RTX 2070 actually uses less power (175W - 185W) compared to RX 5700 XT (225W).
While the 5700XT does tend to draw a bit more power, those power numbers are not entirely accurate based on the testing I've seen, unless perhaps we're talking about an overclocked 5700 XT compared against a stock-clocked 2070 (Practically all 2070s you find will be factory overclocked). And the 5700 XT is typically a bit faster in most current titles, though that will vary depending on the game.

Generally, the 5700 XT is shown to be around 5% faster on average compared to a 2070, while drawing around 10-15% more power under load. So really, both of these cards offer relatively similar performance at a relatively similar level of power efficiency. The 2070 is a little more efficient, while the 5700 XT tends to be a little faster.

Which one will be quieter will depend mainly on what sort of cooler a given model is fitted with.

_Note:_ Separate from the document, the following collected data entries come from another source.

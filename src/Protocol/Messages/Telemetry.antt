-- ===== src/Protocol/Messages/Telemetry.antt =====
-- rci/protocols/messages.py: RobotTelemetry, the state report of the robot. The head is "<IBBHB"
-- and a joint "<BhhH"; the tests of the length rule out the errors of `unpack_from`.
use robotic_character_interf.Base.{
  ℕ, zero, suc, ◌+◌, ◌*◌, Bool, false, not, ◌&&◌, ◌||◌, ◌==◌, ltb, leb, if◌then◌else◌, Option, none,
  some, List, [], ◌∷◌, ◌++◌,
}
use mathlib.Core.Option.{map}
use robotic_character_interf.Base.Int.{eqb_ℤ, ℤ, pos_part, pos}
use robotic_character_interf.Protocol.Constants.{
  wire_state_value, max_joint_targets, WireSystemState, wire_state_of_value,
}
use robotic_character_interf.Protocol.Messages.{
  after, to_word, of_word, require_int16, pack_u32, require_uint, unpack_u32,
}
use robotic_character_interf.Protocol.Framing.{
  protocol_error, unpack_u16, pack_u16, ok, err, Fault, Result,
}
use robotic_character_interf.Base.Lists.{length}
use robotic_character_interf.Base.Message.{say}
use robotic_character_interf.Protocol.Messages.Motion.{followed_by}

pub record RobotJointTelemetry : Type 0 where
  pub joint_id : ℤ
  pub position_cdeg : ℤ
  pub velocity_cdeg_s : ℤ
  pub current_ma : ℤ

pub record RobotTelemetry : Type 0 where
  pub uptime_ms : ℤ
  pub state : WireSystemState
  pub flags : ℤ
  pub supply_mv : ℤ
  pub joints : List RobotJointTelemetry

abbrev pub reports_joint : ℤ → List RobotJointTelemetry → Bool
reports_joint id [] = false
reports_joint id (j ∷ joints) = eqb_ℤ id j.joint_id || reports_joint id joints

-- `len(joint_ids) != len(set(joint_ids))`
unfoldable pub same_joints : List RobotJointTelemetry → Bool
same_joints [] = false
same_joints (j ∷ joints) = reports_joint j.joint_id joints || same_joints joints

abbrev pub joint_bytes : RobotJointTelemetry → List ℕ
joint_bytes j =
    pos_part j.joint_id
    ∷ (pack_u16 (to_word j.position_cdeg)
        ++ (pack_u16 (to_word j.velocity_cdeg_s) ++ pack_u16 (pos_part j.current_ma)))

-- The loop over the joints.
unfoldable pub encode_joints : List RobotJointTelemetry → Result (List ℕ)
unfolding require_uint require_int16
encode_joints [] = ok []
encode_joints (j ∷ joints) =
    let rest = encode_joints joints in
    after (require_uint "joint_id" j.joint_id 8 1) (
      after (require_int16 "position_cdeg" j.position_cdeg) (
        after (require_int16 "velocity_cdeg_s" j.velocity_cdeg_s)
          (after (require_uint "current_ma" j.current_ma 16 0) (followed_by (joint_bytes j) rest))))

unfoldable pub telemetry_fault : RobotTelemetry → Option Fault
unfolding same_joints
telemetry_fault t =
    if not (leb 1 (length t.joints) && leb (length t.joints) max_joint_targets)
    then some (protocol_error (say "robot telemetry has invalid joint count"))
    else if same_joints t.joints
    then some (protocol_error (say "robot telemetry contains duplicate joint ids"))
    else none

abbrev pub telemetry_head : RobotTelemetry → List ℕ
telemetry_head t =
    pack_u32 (pos_part t.uptime_ms)
    ++ (wire_state_value t.state
        ∷ pos_part t.flags
        ∷ (pack_u16 (pos_part t.supply_mv) ++ length t.joints ∷ []))

unfoldable pub encode_telemetry : RobotTelemetry → Result (List ℕ)
unfolding require_uint telemetry_fault encode_joints wire_state_value
encode_telemetry t = after (require_uint "uptime_ms" t.uptime_ms 32 0) (
    after (require_uint "flags" t.flags 8 0) (
      after (require_uint "supply_mv" t.supply_mv 16 0)
        (after (telemetry_fault t) (followed_by (telemetry_head t) (encode_joints t.joints)))))

pub record TelemetryHead : Type 0 where
  pub uptime_ms : ℕ
  pub raw_state : ℕ
  pub flags : ℕ
  pub supply_mv : ℕ
  pub joint_count : ℕ
  pub rest : List ℕ

unfoldable pub unpack_telemetry_head : List ℕ → Option TelemetryHead
unpack_telemetry_head (u0 ∷ u1 ∷ u2 ∷ u3 ∷ state ∷ flags ∷ s0 ∷ s1 ∷ joint_count ∷ rest) =
    some (record {
      uptime_ms = unpack_u32 u0 u1 u2 u3;
      raw_state = state;
      flags = flags;
      supply_mv = unpack_u16 s0 s1;
      joint_count = joint_count;
      rest = rest;
    })
unpack_telemetry_head _ = none

-- The loop over `range(joint_count)`.
unfoldable pub read_joints : ℕ → List ℕ → Option (List RobotJointTelemetry)
read_joints zero bytes = some []
read_joints (suc n) (id ∷ p0 ∷ p1 ∷ v0 ∷ v1 ∷ c0 ∷ c1 ∷ bytes) =
    map
      (λ joints.
        record {
          joint_id = pos id;
          position_cdeg = of_word (unpack_u16 p0 p1);
          velocity_cdeg_s = of_word (unpack_u16 v0 v1);
          current_ma = pos (unpack_u16 c0 c1);
        }
        ∷ joints)
      (read_joints n bytes)
read_joints (suc n) _ = none

-- `decoded.encode()`, called for its checks, and the return of `decoded`.
abbrev pub telemetry_checked : RobotTelemetry → Result (List ℕ) → Result RobotTelemetry
telemetry_checked t (ok bytes) = ok t
telemetry_checked t (err fault) = err fault

abbrev pub truncated : Result RobotTelemetry
truncated = err (protocol_error (say "robot telemetry payload is truncated"))

-- The state, and the joints.
unfoldable pub decode_telemetry_body :
    TelemetryHead
    → Option WireSystemState
    → Option (List RobotJointTelemetry)
    → Result RobotTelemetry
unfolding encode_telemetry
decode_telemetry_body h none joints =
    err (protocol_error (say "robot telemetry contains an unknown state"))
decode_telemetry_body h (some state) none = truncated
decode_telemetry_body h (some state) (some joints) =
    let decoded : RobotTelemetry = record {
      uptime_ms = pos h.uptime_ms;
      state = state;
      flags = pos h.flags;
      supply_mv = pos h.supply_mv;
      joints = joints;
    } in
    telemetry_checked decoded (encode_telemetry decoded)

unfoldable pub decode_telemetry_head : ℕ → Option TelemetryHead → Result RobotTelemetry
unfolding decode_telemetry_body read_joints wire_state_of_value
decode_telemetry_head size none = truncated
decode_telemetry_head size (some h) =
    if not (leb 1 h.joint_count && leb h.joint_count max_joint_targets)
    then err (protocol_error (say "robot telemetry has invalid joint count"))
    else if not (size == 9 + h.joint_count * 7)
    then err (protocol_error (say "robot telemetry payload length mismatch"))
    else decode_telemetry_body h (wire_state_of_value h.raw_state)
        (read_joints h.joint_count h.rest)

unfoldable pub decode_telemetry : List ℕ → Result RobotTelemetry
unfolding decode_telemetry_head unpack_telemetry_head
decode_telemetry payload =
    if ltb (length payload) (9 + 7)
    then truncated
    else decode_telemetry_head (length payload) (unpack_telemetry_head payload)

Larger coolers with more surface area on their metal fins will typically tend to be quieter, as their fans don't need to spin as fast to dissipate a given level of heat.

The 2070 does also feature some hardware acceleration of raytraced lighting effects, though enabling those in the games that support them still tends tends to cause a rather big hit to performance, and only a handful of games support raytraced effects so far. Still, considering the next consoles should be getting raytracing, it may be something worth having. Just don't expect to be getting much over 60fps with raytraced effects enabled at 1080p, and in some cases not even that. Perhaps the next generation of graphics cards may handle them better.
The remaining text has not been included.